Good Morning Gentle Readers
I am a flawed, weak, person, a person with a bad temper a less than generous heart and all of the human failings that we all have but that being said I am working on that. As a Catholic and as a Christian we are all called to holiness, we are not perfect but we are a people walking on a road, it might be a long road but we are walking on it, and we are not alone in this journey. As well we are blessed; instead of walking blindly on this journey we were given a really good map. We are all God’s chosen people, all chosen to be with him, all chosen to be like him.
Today’s readings explain the basis of Jewish and Christian morality, the holiness of the loving, merciful and compassionate One God. God’s chosen people were, and are, expected to be holy people sharing in God’s holiness by embodying His love, mercy and forgiveness. Hence, the first reading, taken from the book of Leviticus, gives the holiness code: “Be holy, for I the Lord, your God, am holy.” It also gives us the way to share God’s holiness: “Love your neighbor as yourself.”

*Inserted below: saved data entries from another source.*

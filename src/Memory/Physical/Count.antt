-- ===== src/Memory/Physical/Count.antt =====
-- How many frames the search of memory/paging_physical.c can still give out.
use helos.Prelude.{
  ℕ, zero, suc, ◌+◌, ◌-◌, ◌*◌, ◌/◌, ◌≤◌, ◌<◌, min, ◌≡◌, refl, ap, ◌∙◌, inl, inr, true, ◌||◌, some,
  List, [], ◌∷◌, ◌==◌, if◌then◌else◌, leb, arith, length, Bool-cases, Option-cases,
}
use helos.Memory.Physical.{Frames, search_frame, allocate_frames}
use helos.Memory.Physical.Bitmap.{used}
use helos.Memory.Physical.Search.{Found, search_frame-Found, search_frame-Exhausted}

-- The frames not in use among the `n` from `lo` on.
unfoldable pub count_unused : List ℕ → ℕ → ℕ → ℕ
count_unused bits zero lo = 0
count_unused bits (suc n) lo = (if used bits lo then 0 else 1) + count_unused bits n (lo + 1)

abbrev pub unused : Frames → ℕ
unused s = count_unused s.bitmap (s.end_page / 64 * 64 - s.phy_i * 64) (s.phy_i * 64)

all_used-count :
    (bits : List ℕ) (n lo : ℕ)
    → ((p : ℕ) → lo ≤ p → p < lo + n → used bits p ≡ true)
    → count_unused bits n lo ≡ 0
unfolding count_unused
all_used-count bits zero lo h = refl
all_used-count bits (suc n) lo h =
    rw (h lo (omega arith) (omega arith))
      (omega (arith, all_used-count bits n (lo + 1) (λ p k l. h p (omega arith) (omega arith))))

count_unused-add :
    (bits : List ℕ) (m n lo : ℕ)
    → count_unused bits (m + n) lo ≡ count_unused bits m lo + count_unused bits n (lo + m)
unfolding count_unused
count_unused-add bits zero n lo =
    ap (λ k. count_unused bits k lo) (let e : 0 + n ≡ n = omega arith in e)
    ∙ omega (arith, ap (count_unused bits n) (let e : lo + 0 ≡ lo = omega arith in e))
count_unused-add bits (suc m) n lo =
    ap (λ k. count_unused bits k lo) (let e : suc m + n ≡ suc (m + n) = omega arith in e)
    ∙ omega (
      arith,
      count_unused-add bits m n (lo + 1),
      ap (count_unused bits n) (let e : lo + 1 + m ≡ lo + suc m = omega arith in e),
    )

-- One frame taken.
module _ (bits bits' : List ℕ) (page : ℕ)
    (taken : (p : ℕ) → used bits' p ≡ ((p == page) || used bits p)) where
  count_above : (n lo : ℕ) → page < lo → count_unused bits n lo ≡ count_unused bits' n lo
  unfolding count_unused
  count_above zero lo h = refl
  count_above (suc n) lo h = ground (arith, taken lo, count_above n (lo + 1))

  count_taken : (n lo : ℕ) → count_unused bits n lo ≤ count_unused bits' n lo + 1
  unfolding count_unused
  count_taken zero lo = omega arith
  count_taken (suc n) lo = elim (Bool-cases (lo == page)) [
    | inl e ↦ ground (arith, taken lo, count_above n (lo + 1))
    | inr e ↦ ground (arith, taken lo, count_taken n (lo + 1))
  ]

-- The search passes over no unused frame, and takes one.
pub unused-Found : {s s' : Frames} {a : ℕ} → Found s a s' → unused s ≤ unused s' + 1
unfolding count_unused
unused-Found {s} {s'} f =
    let lo = s.phy_i * 64 in
    let lo' = s'.phy_i * 64 in
    let end = s.end_page / 64 * 64 in
    let passed = min (lo' - lo) (end - lo) in
    let none_passed = all_used-count s.bitmap passed lo (λ p k l. f.skipped p k (omega arith)) in
    let parts = count_unused-add s.bitmap passed (end - lo') lo in
    let whole : passed + (end - lo') ≡ end - lo = omega (arith, f.onward) in
    let same_end : s'.end_page / 64 * 64 - lo' ≡ end - lo' =
      ap (λ e. e / 64 * 64 - lo') f.same_end in
    let at : count_unused s.bitmap (end - lo') (lo + passed)
        ≡ count_unused s.bitmap (end - lo') lo' =
      elim (Bool-cases (leb lo' end)) [
        | inl inside ↦ ap (count_unused s.bitmap (end - lo')) (ground (arith, f.onward))
        | inr past ↦ let nothing : end - lo' ≡ 0 = ground arith in rw nothing refl
      ] in
    omega (
      arith,
      none_passed,
      parts,
      ap (λ n. count_unused s.bitmap n lo) whole,
      at,
      ap (λ n. count_unused s'.bitmap n lo') same_end,
      count_taken s.bitmap s'.bitmap f.page f.taken (end - lo') lo',
    )

-- It finds one if there is one.
pub search_frame-unused :
    (n : ℕ) (s : Frames)
    → s.end_page / 64 - s.phy_i ≤ n
    → 1 ≤ unused s
    → (a : ℕ) × ((search_frame n s).0 ≡ some a)
search_frame-unused n s h k = elim (Option-cases (search_frame n s).0) [
  | inr (a, e) ↦ (a, e)
  | inl e ↦
      let x = search_frame-Exhausted n s h e in
      absurd (
        omega (
          arith,
          all_used-count s.bitmap (s.end_page / 64 * 64 - s.phy_i * 64) (s.phy_i * 64)
              (λ p l m. x.all_used p l (omega arith)),
        ))
]

-- The frame found comes first.
pub allocate_frames-cons :
    (n : ℕ) (s : Frames) {a : ℕ}
    → let found = search_frame (s.end_page / 64 - s.phy_i) s in
      found.0 ≡ some a
      → allocate_frames (suc n) s
        ≡ (a ∷ (allocate_frames n found.1).0, (allocate_frames n found.1).1)
unfolding allocate_frames
allocate_frames-cons n s e = rw (e, allocate_frames) refl

pub allocate_frames-zero : (s : Frames) → allocate_frames 0 s ≡ ([], s)
unfolding allocate_frames
allocate_frames-zero s = refl

-- As many frames as asked for, if so many are left.
pub allocate_frames-unused :
    (n : ℕ) (s : Frames)
    → s.end_page ≤ 64 * length s.bitmap
    → n ≤ unused s
    → let (frames, s') = allocate_frames n s in
      (length frames ≡ n)
      × (unused s ≤ unused s' + n)
      × (s'.end_page ≡ s.end_page)
      × (length s'.bitmap ≡ length s.bitmap)
allocate_frames-unused zero s h k = rw (allocate_frames-zero s) (refl, omega arith, refl, refl)
allocate_frames-unused (suc n) s h k =
    let fuel = s.end_page / 64 - s.phy_i in
    let (a, e) = search_frame-unused fuel s (omega arith) (omega arith) in
    let f = search_frame-Found fuel s a h e in
    let one = unused-Found f in
    let rest =
      allocate_frames-unused n (search_frame fuel s).1 (omega (arith, h, f.same_end, f.same_length))
        (omega (arith, one)) in
    rw (allocate_frames-cons n s e)
      (omega (arith, rest), omega (arith, rest, one), rest.2 ∙ f.same_end, rest.3 ∙ f.same_length)
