-- ===== src/Memory/Rounding/Laws.antt =====
-- What the arithmetic of memory/paging_internal.h and memory/memory.h comes to.
use Prim.Native.Nat.{bit_and}
use native.Mathlib.Nat.{pow-suc, one-le-pow, pow-le-pow_right, mul_assoc}
use helos.Prelude.{
  ◌∙◌, ltb→lt, mul64, ltb, Bool-cases, ap, sub64, ◌⊎◌, bit_and_step, word, ℕ, zero, suc, ◌+◌, ◌-◌,
  ◌*◌, ◌/◌, ◌%◌, ◌^◌, ◌≤◌, ◌<◌, ◌≡◌, refl, inl, inr, some, arith, bit_and-zero, complement,
}
use helos.Memory.Rounding.{
  round_up_to_page_count, shift_up, round_up_to_2_exponent, allocate_kernel_mapping,
}

bit_and-full : (n x : ℕ) → x < 2 ^ n → bit_and x (2 ^ n - 1) ≡ x
bit_and-full zero x h = omega (arith, bit_and-zero x x (omega arith))
bit_and-full (suc n) x h =
    let half : (2 ^ suc n - 1) / 2 ≡ 2 ^ n - 1 = omega (arith, pow-suc 2 n, one-le-pow n 2) in
    omega (
      arith,
      bit_and_step x (2 ^ suc n - 1),
      ap (λ m. bit_and (x / 2) m) half,
      bit_and-full n (x / 2) (omega (arith, pow-suc 2 n)),
      pow-suc 2 n,
      one-le-pow n 2,
    )

-- A multiple of 2 ^ k that is at most `x`, and by less than 2 ^ k.
record CutDown (k x r : ℕ) : Type 0 where
  quotient : ℕ
  multiple : r ≡ quotient * 2 ^ k
  at_most : r ≤ x
  near : x < r + 2 ^ k

bit_and-complement :
    (k n x : ℕ) → k ≤ n → x < 2 ^ n → CutDown k x (bit_and x (complement n (2 ^ k - 1)))
bit_and-complement zero n x h l =
    let all : complement n (2 ^ 0 - 1) ≡ 2 ^ n - 1 = omega arith in
    let same : bit_and x (complement n (2 ^ 0 - 1)) ≡ x =
      ap (λ m. bit_and x m) all ∙ bit_and-full n x l in
    record {
      quotient = x;
      multiple = omega (arith, same);
      at_most = omega (arith, same);
      near = omega (arith, same);
    }
bit_and-complement (suc k) zero x h l = absurd (omega arith)
bit_and-complement (suc k) (suc n) x h l =
    let mask = complement (suc n) (2 ^ suc k - 1) in
    let smaller : 2 ^ k ≤ 2 ^ n =
      pow-le-pow_right {n = 2} (omega arith) {i = k} {j = n} (omega arith) in
    let half : (mask / 2 ≡ complement n (2 ^ k - 1)) × (mask % 2 ≡ 0) =
      omega (arith, pow-suc 2 k, pow-suc 2 n, one-le-pow k 2, smaller) in
    let cut = bit_and-complement k n (x / 2) (omega arith) (omega (arith, pow-suc 2 n)) in
    let double : bit_and x mask ≡ 2 * bit_and (x / 2) (complement n (2 ^ k - 1)) =
      omega (arith, bit_and_step x mask, ap (λ m. bit_and (x / 2) m) half.0, half.1) in
    record {
      quotient = cut.quotient;
      multiple = omega (
        arith,
        double,
        cut.multiple,
        mul_assoc cut.quotient (2 ^ k) 2,
        ap (λ p. cut.quotient * p) (pow-suc 2 k),
      );
      at_most = omega (arith, double, cut.at_most);
      near = omega (arith, double, cut.near, pow-suc 2 k);
    }

-- `memory_AllocateKernelMapping(size, 1 << k)`, while `size` bytes are left below the bottom: the
-- address is a multiple of `1 << k`, the region from it lies below the old bottom, and less than `1
-- << k` bytes are left between the two.
pub allocate_kernel_mapping-lem :
    (k size bottom : ℕ)
    → k < 64
    → size ≤ bottom
    → bottom < word
    → let address = allocate_kernel_mapping size (2 ^ k) bottom in
      ((q : ℕ) × (address ≡ q * 2 ^ k))
      × (address + size ≤ bottom)
      × (bottom < address + size + 2 ^ k)
unfolding allocate_kernel_mapping
allocate_kernel_mapping-lem k size bottom h l m =
    let rest : sub64 bottom size ≡ bottom - size = omega arith in
    let cut = bit_and-complement k 64 (sub64 bottom size) (omega arith) (omega (arith, rest, m)) in
    ((cut.quotient, cut.multiple), omega (arith, cut.at_most, rest), omega (arith, cut.near, rest))

-- As many pages as needed to hold the bytes, and no more, for pages of some size.
pub round_up_to_page_count-least :
    (size : ℕ)
    → let n = round_up_to_page_count 4096 size in
      let n2m = round_up_to_page_count 2097152 size in
      let n1g = round_up_to_page_count 1073741824 size in
      (size ≤ 4096 * n)
      × (4096 * n < size + 4096)
      × (size ≤ 2097152 * n2m)
      × (2097152 * n2m < size + 2097152)
      × (size ≤ 1073741824 * n1g)
      × (1073741824 * n1g < size + 1073741824)
unfolding round_up_to_page_count
round_up_to_page_count-least size = ground arith

shift_up-power :
    (n k v : ℕ)
    → k ≤ 63
    → v ≤ 2 ^ 63
    → 63 ≤ n + k
    → (j : ℕ) × (shift_up n (2 ^ k) v ≡ some (2 ^ j)) × (v ≤ 2 ^ j) × ((j ≡ k) ⊎ (2 ^ j < 2 * v))
unfolding shift_up
shift_up-power zero k v h l m =
    let last : k ≡ 63 = omega arith in
    let top : 2 ^ k ≡ 2 ^ 63 = ap (λ i. 2 ^ i) last in
    (k, ground (arith, top), omega (arith, top), inl refl)
shift_up-power (suc n) k v h l m = elim (Bool-cases (ltb (2 ^ k) v)) [
  | inr x ↦ (k, rw x refl, ground arith, inl refl)
  | inl x ↦
      let top : k ≡ 63 → 2 ^ k ≡ 2 ^ 63 = λ last. ap (λ i. 2 ^ i) last in
      let below : k < 63 = ground (arith, top) in
      let twice : mul64 (2 ^ k) 2 ≡ 2 ^ suc k = omega (arith, pow-suc 2 k, ltb→lt _ _ x) in
      let (j, returns, enough, near) = shift_up-power n (suc k) v below l (omega arith) in
      let within : (j ≡ k) ⊎ (2 ^ j < 2 * v) = elim near [
        | inl e ↦ inr (omega (arith, ap (λ i. 2 ^ i) e, pow-suc 2 k, ltb→lt _ _ x))
        | inr least ↦ inr least
      ] in
      (j, rw (x, twice) returns, enough, within)
]

-- `roundUpTo2Exponent` of a number up to 2 ^ 63 ends, with the least power of two that is not below
-- it.
pub round_up_to_2_exponent-least :
    (v : ℕ)
    → v ≤ 2 ^ 63
    → (j : ℕ) × (round_up_to_2_exponent v ≡ some (2 ^ j))
      × (v ≤ 2 ^ j)
      × ((j ≡ 0) ⊎ (2 ^ j < 2 * v))
unfolding round_up_to_2_exponent
round_up_to_2_exponent-least v h = shift_up-power 64 0 v (omega arith) h (omega arith)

The Responsorial Psalm (Ps 103) challenges us to be like our God – kind, merciful and forgiving. In the second reading St. Paul gives us an additional reason to be holy. We are to keep our bodies holy because we are the temples of the Holy Spirit, and the Holy Spirit lives in us. In the Gospel passages taken from the Sermon on the Mount, Jesus condemns even the mild form of the “Law of the Talion, ( an Eye for an Eye),” the Babylonian tribal law of restricted retaliation which Moses passed on to Israel. In its place, Jesus gives his new law of love, grace, forgiveness, reconciliation and no retaliation. For Jesus, retaliation, or even limited vengeance, has no place in the Christian life, even though graceful acceptance of an offense requires great strength, discipline of character as well as strengthening by God’s grace. The second part of today’s Gospel passage is the central part of the Sermon on the Mount. It presents the Christian ethic of personal relationships: love one’s neighbors and forgive one’s enemies. It tells us that what makes Christians different is the grace with which they treat others with loving kindness and mercy, even if they don’t deserve it. We are commanded to love our enemies as Jesus loves us, with agápe love, not because our enemies deserve our love, but because Jesus loves them so much that he died for them as He did for us.